TheStreet Ratings team rates DRYSHIPS INC as a Hold with a ratings score of C-. The team has this to say about their recommendation:

"We rate DRYSHIPS INC (DRYS) a HOLD. The primary factors that have impacted our rating are mixed -- some indicating strength, some showing weaknesses, with little evidence to justify the expectation of either a positive or negative performance for this stock relative to most other stocks. The company's strengths can be seen in multiple areas, such as its revenue growth, solid stock price performance and expanding profit margins. However, as a counter to these strengths, we also find weaknesses including deteriorating net income, generally higher debt management risk and disappointing return on equity."

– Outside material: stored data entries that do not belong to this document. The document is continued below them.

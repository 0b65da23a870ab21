-- ===== src/Mfa/Enabling.antt =====
-- services/mfa.service.ts: `verifyAndEnable`, which turns a pending setup into a second factor.
use nest_auth.Prelude.{
  true, not, Option, none, some, Text, codes, ◌++◌, is_some, Result, ok, raise, mfa_already_enabled,
  mfa_invalid_code, mfa_not_enabled, mfa_setup_required, token_invalid,
}
use nest_auth.Prelude.Action.{Action, or_throw, from_result, throw_if, ◌>>=◌, ◌>>◌}
use nest_auth.Keys.{Plane, user_subject}
use nest_auth.AuthRedis.Tickets.{getdel}
use nest_auth.Users.{MfaWrite}
use nest_auth.Mfa.{Server, State, on_store, from_store, assert_plane_tenant, decrypt_with_rotation}
use nest_auth.Mfa.Codes.{verify_totp_with_anti_replay}
use nest_auth.Mfa.Transition.{transition_mfa_record}
use nest_auth.Mfa.Challenge.{on_result_store}
use nest_auth.Mfa.Removal.{fetch, revoked}
use nest_auth.Mfa.RecoveryCodes.{lacks_repository}
use nest_auth.Mfa.SetupData.{MfaSetupData, parse_setup_data}

-- the request, with the token that is drawn for the lock
pub record Enablement : Type 0 where
  pub user_id : Text
  pub code : Text
  pub context : Plane
  pub tenant_id : Option Text
  pub lock_token : Text

abbrev pub enabling_write : MfaSetupData → MfaWrite
enabling_write setup = record {
  mfa_enabled = true;
  mfa_secret = some setup.encrypted_secret;
  mfa_recovery_codes = some setup.hashed_codes;
}

module _ (server : Server) where
  open server use {env}
  open server.env use {redis, hmac, hmac_key}
  open server.env.redis use {Store, get}

  unfoldable pub setup_key : Plane → Text → Option Text → Text
  setup_key context user_id tenant_id =
      codes "mfa_setup:" ++ hmac (user_subject context user_id tenant_id) hmac_key

  abbrev pub pending : Text → Store → Result Text
  pending key s = elim (get s key) [ none ↦ raise mfa_setup_required | some raw ↦ ok raw ]

  -- the account is rewritten under the locks, then every session is ended and the epoch is moved
  unfoldable pub enable_factor : Enablement → MfaSetupData → Action (State server) (Unit {0})
  enable_factor r setup = do
    done ←
        transition_mfa_record server r.context r.user_id r.tenant_id
          (λ current. ok (some (enabling_write setup))) r.lock_token
    on_store server (λ s. (tt, revoked server r.context r.user_id r.tenant_id s))

  unfoldable pub verify_and_enable : Enablement → Action (State server) (Unit {0})
  verify_and_enable r = do
    from_result (assert_plane_tenant server r.context r.tenant_id)
    throw_if (lacks_repository server r.context) mfa_not_enabled
    user ← fetch server r.context r.user_id r.tenant_id
    throw_if user.safe.mfa_enabled mfa_already_enabled
    raw ← from_store server (pending (setup_key r.context r.user_id r.tenant_id))
    setup ← or_throw mfa_setup_required (parse_setup_data env raw)
    d ← or_throw token_invalid (decrypt_with_rotation server setup.encrypted_secret)
    valid ←
        on_result_store server
          (verify_totp_with_anti_replay server r.context r.user_id d.secret r.code r.tenant_id)
    throw_if (not valid) mfa_invalid_code
    consumed ← on_store server (getdel env (setup_key r.context r.user_id r.tenant_id))
    throw_if (not (is_some consumed)) mfa_setup_required
    enable_factor r setup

Highlights from the analysis by TheStreet Ratings Team goes as follows:

  • DRYS's revenue growth has slightly outpaced the industry average of 9.0%. Since the same quarter one year prior, revenues rose by 17.8%. This growth in revenue does not appear to have trickled down to the company's bottom line, displayed by a decline in earnings per share.
  • Compared to its closing price of one year ago, DRYS's share price has jumped by 83.17%, exceeding the performance of the broader market during that same time frame. Regarding the stock's future course, our hold rating indicates that we do not recommend additional investment in this stock despite its gains in the past year.
  • The gross profit margin for DRYSHIPS INC is rather high; currently it is at 55.52%. It has increased significantly from the same period last year. Regardless of the strong results of the gross profit margin, the net profit margin of -15.77% is in-line with the industry average.
  • Current return on equity is lower than its ROE from the same quarter one year prior. This is a clear sign of weakness within the company. Compared to other companies in the Marine industry and the overall market, DRYSHIPS INC's return on equity significantly trails that of both the industry average and the S&P 500.
  • Net operating cash flow has decreased to $48.85 million or 40.58% when compared to the same quarter last year. In addition, when comparing to the industry average, the firm's growth rate is much lower.